14/12/2015
Neverhome de Laird Hunt
Neverhome de Laird Hunt, Actes Sud, 2015, 258p.
Deuxième lecture de la rentrée littéraire ; deuxième coup de cœur et deuxième pépite. Vous êtes en droit, légitimement, de vous demander si trop de thé liquéfie l'esprit critique. Ou si j'ai une chance de cocue. Honnêtement, je ne sais pas quelle alternative je préfère.
Mais attendez d'en apprendre plus sur Constance devenue Ash Thompson par la magie de l'uniforme militaire. Il ne lui a pas fallu plus qu'un mari chétif et quelques casseroles personnelles pour la décider à endosser elle-même les couleurs de l'Union et partir se battre comme un homme. Sous le manteau, elle manie son Springfield 1861 à la perfection, se fait rapidement repérer pour ses talents de tireur d'élite, de chasseur et son courage sans faille. Pourtant, elle en voit de toutes les couleurs, notre héroïne travestie (veuillez m'excuser mais j'ai une vieille chanson de Mylène Farmer dans la tête, damn !). Que ce soit durant l'entraînement, au combat ou sur le chemin du retour digne de L'Odyssée, les aventures se succèdent, brèves, violentes, hallucinées. La guerre de Sécession n'aura décidément épargné personne, et surtout pas les survivants.

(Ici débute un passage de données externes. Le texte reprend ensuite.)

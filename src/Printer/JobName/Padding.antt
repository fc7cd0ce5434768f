-- ===== src/Printer/JobName/Padding.antt =====
-- The three digits of a position or a count in packages/printer-adapters/src/operation-journal.ts.
use kiosk_project.Base.{
  ℕ, zero, suc, ◌-◌, ◌<◌, ◌≡◌, refl, ◌∙◌, List, [], ◌∷◌, ◌++◌, arith, length, length-append,
  replicate,
}
use kiosk_project.Domain.PageRanges.{decimal, number}
use kiosk_project.Domain.PageRanges.Parse.{
  AllDigits, decimal-digits, decimal_length, number-decimal_fuel,
}
use kiosk_project.Domain.PageRanges.RoundTrip.{All-append}
use kiosk_project.Printer.JobName.{pad}

number-zeros : (k : ℕ) (xs : List ℕ) → number (replicate k b'0' ++ xs) ≡ number xs
number-zeros zero xs = refl
number-zeros (suc k) xs = number-zeros k xs

AllDigits-zeros : (k : ℕ) → AllDigits (replicate k b'0')
AllDigits-zeros zero = tt
AllDigits-zeros (suc k) = (refl, AllDigits-zeros k)

length-replicate : (k c : ℕ) → length (replicate k c) ≡ k
length-replicate zero c = omega arith
length-replicate (suc k) c = omega (arith, length-replicate k c)

pad-digits : (n : ℕ) → AllDigits (pad n)
unfolding pad
pad-digits n = All-append _ _ _ (AllDigits-zeros (3 - length (decimal n))) (decimal-digits n)

number-pad : (n : ℕ) → number (pad n) ≡ n
unfolding pad decimal
number-pad n =
    number-zeros (3 - length (decimal n)) (decimal n) ∙ number-decimal_fuel (suc n) n (omega arith)

length-pad : (n : ℕ) → n < 1000 → length (pad n) ≡ 3
unfolding pad decimal
length-pad n h = omega (
  arith,
  decimal_length (suc n) n 2 (omega arith) h,
  length-append (replicate (3 - length (decimal n)) b'0') (decimal n),
  length-replicate (3 - length (decimal n)) b'0',
)

-- Three digits, and the number that they are.
abbrev Padded : ℕ → Type 0
Padded n =
    (a b c : ℕ) × (pad n ≡ a ∷ b ∷ c ∷ [])
    × (number (a ∷ b ∷ c ∷ []) ≡ n)
    × AllDigits (a ∷ b ∷ c ∷ [])

three : (n : ℕ) (xs : List ℕ) → pad n ≡ xs → length xs ≡ 3 → number xs ≡ n → AllDigits xs → Padded n
three n [] e h v d = absurd (omega arith)
three n (a ∷ []) e h v d = absurd (omega arith)
three n (a ∷ b ∷ []) e h v d = absurd (omega arith)
three n (a ∷ b ∷ c ∷ []) e h v d = (a, b, c, e, v, d)
three n (a ∷ b ∷ c ∷ x ∷ xs) e h v d = absurd (omega arith)

pub padded : (n : ℕ) → n < 1000 → Padded n
padded n h = three n (pad n) refl (length-pad n h) (number-pad n) (pad-digits n)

Pour tout vous dire, je n'ai pas pleinement adhéré dès les premières pages (l'épiphanie de Mā ne se lit pas tous les jours). J'ai d'abord sillonné à tâtons, me demandant où me portaient les mots et les pas de Constance. Des aventures certes, des épisodes du quotidien des formations de jeunes recrues, des imprévus. La faim aussi, le froid, la solitude. Les lettres envoyées au vent vers ceux qu'on aime. Constance, au début, se débat un peu avec les mots dont elle n'est pas une spécialiste. Mais tout cela à quelle fin ? Je ne savais trop le dire ou le comprendre dans les premières pages. Je me payais même le luxe de trouver le style inégal - je suis comme ça, à l'occasion : sans concession.

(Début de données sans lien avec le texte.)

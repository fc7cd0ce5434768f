-- ===== src/Printer/JobName/Places.antt =====
-- The places of a job name's pattern in packages/printer-adapters/src/operation-journal.ts.
use kiosk_project.Base.{
  ℕ, zero, suc, ◌≡◌, refl, ap, Bool, true, false, List, [], ◌∷◌, ◌++◌, All, arith, is_digit, length,
  replicate, matches_classes, and_true,
}
use kiosk_project.Domain.PageRanges.{is_space}
use kiosk_project.Domain.PageRanges.Parse.{AllDigits}
use kiosk_project.Domain.PageRanges.RoundTrip.{NoSpaces}
use kiosk_project.Domain.ObjectKeys.{
  session_id_classes, to_lower_case, lower, is_hex, is_dash, is_version, is_variant,
}
use kiosk_project.Printer.JobName.{is_place}

pub matches-append :
    (ps qs : List (ℕ → Bool)) (xs ys : List ℕ)
    → matches_classes ps xs ≡ true
    → matches_classes qs ys ≡ true
    → matches_classes (ps ++ qs) (xs ++ ys) ≡ true
matches-append [] qs [] ys h k = k
matches-append [] qs (x ∷ xs) ys h k = cc
matches-append (p ∷ ps) qs [] ys h k = cc
matches-append (p ∷ ps) qs (x ∷ xs) ys h k =
    let (here, there) = and_true (p x) _ h in rw here (matches-append ps qs xs ys there k)

abbrev Weaker : (ℕ → Bool) → Type 0
Weaker p = (c : ℕ) → p c ≡ true → is_place c ≡ true

pub places :
    (ps : List (ℕ → Bool)) (xs : List ℕ)
    → All Weaker ps
    → matches_classes ps xs ≡ true
    → (matches_classes (replicate (length ps) is_place) xs ≡ true)
      × (length xs ≡ length ps)
      × All (λ c. is_place c ≡ true) xs
places [] [] w h = (refl, refl, tt)
places [] (x ∷ xs) w h = cc
places (p ∷ ps) [] w h = cc
places (p ∷ ps) (x ∷ xs) (w, ws) h =
    let (here, there) = and_true (p x) _ h in
    let (matched, same_length, all_places) = places ps xs ws there in
    (rw (w x here) matched, omega (arith, same_length), (w x here, all_places))

hex-Weaker : Weaker is_hex
hex-Weaker c h = ground arith

version-Weaker : Weaker is_version
version-Weaker c h = ground arith

variant-Weaker : Weaker is_variant
variant-Weaker c h = ground arith

dash-Weaker : Weaker is_dash
dash-Weaker c h = ground arith

hexes : (k : ℕ) (ps : List (ℕ → Bool)) → All Weaker ps → All Weaker (replicate k is_hex ++ ps)
hexes zero ps w = w
hexes (suc k) ps w = (hex-Weaker, hexes k ps w)

pub session_id_classes-Weaker : All Weaker session_id_classes
unfolding session_id_classes
session_id_classes-Weaker =
    let node : List (ℕ → Bool) = is_dash ∷ replicate 12 is_hex in
    let clock : List (ℕ → Bool) = is_dash ∷ is_variant ∷ (replicate 3 is_hex ++ node) in
    let high : List (ℕ → Bool) = is_dash ∷ is_version ∷ (replicate 3 is_hex ++ clock) in
    let middle : List (ℕ → Bool) = is_dash ∷ (replicate 4 is_hex ++ high) in
    hexes 8 middle (
      dash-Weaker,
      hexes 4 high (
        dash-Weaker,
        (
          version-Weaker,
          hexes 3 clock (dash-Weaker, (variant-Weaker, hexes 3 node (dash-Weaker, hexes 12 [] tt))),
        ),
      ),
    )

place_not_space : (c : ℕ) → is_place (lower c) ≡ true → is_space c ≡ false
unfolding is_space
place_not_space c h = ground arith

digit_not_space : (c : ℕ) → is_digit c ≡ true → is_space c ≡ false
unfolding is_space
digit_not_space c h = ground arith

digit-lower : (c : ℕ) → is_digit c ≡ true → lower c ≡ c
digit-lower c h = ground arith

pub places-NoSpaces : (xs : List ℕ) → All (λ c. is_place c ≡ true) (to_lower_case xs) → NoSpaces xs
unfolding to_lower_case
places-NoSpaces [] h = tt
places-NoSpaces (x ∷ xs) (h, hs) = (place_not_space x h, places-NoSpaces xs hs)

pub to_lower_case-append :
    (xs ys : List ℕ) → to_lower_case (xs ++ ys) ≡ to_lower_case xs ++ to_lower_case ys
unfolding to_lower_case
to_lower_case-append [] ys = refl
to_lower_case-append (x ∷ xs) ys = ap (◌∷◌ (lower x)) (to_lower_case-append xs ys)

pub length-to_lower_case : (xs : List ℕ) → length (to_lower_case xs) ≡ length xs
unfolding to_lower_case
length-to_lower_case [] = refl
length-to_lower_case (x ∷ xs) = ap suc (length-to_lower_case xs)

pub lower-digits : (xs : List ℕ) → AllDigits xs → to_lower_case xs ≡ xs
unfolding to_lower_case
lower-digits [] h = refl
lower-digits (x ∷ xs) (h, hs) = rw (digit-lower x h, lower-digits xs hs) refl

pub digits-NoSpaces : (xs : List ℕ) → AllDigits xs → NoSpaces xs
digits-NoSpaces [] h = tt
digits-NoSpaces (x ∷ xs) (h, hs) = (digit_not_space x h, digits-NoSpaces xs hs)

" La bataille dura des jours et des jours. Dans nos têtes, ces jours étaient des semaines. Dans nos rêves - nous rêvions recroquevillés en petits tas à même le sol, dur et froid - ces semaines étaient des années." p. 109
Et puis, bam ! A l'orée de la seconde partie, la guerre de Sécession attaque dure et éclabousse les visages lecteurs. On n'est plus du tout dans la promenade de santé ou l'expectative ; on se débat les deux pieds dans la boue ; comme Constance, on a les tympans crevés des balles de mousquets qui tirent à fond de cale entre les hommes et on déroule les pages comme on essaye de courir pour échapper à l'ennemi. En lieu et place d'un style méjugé inégal, j'ai découvert chez Laird Hunt une poésie tellurique, un art de manier la mort, les blessures, l'aridité de la guerre par le petit bout de la lorgnette avec une explosion ahurie et jouissive des sens. Ce qui fait vivre la guerre, pour nous lecteurs, c'est ce sensoriel exacerbé où tout devient bruit, sueur et miroitement.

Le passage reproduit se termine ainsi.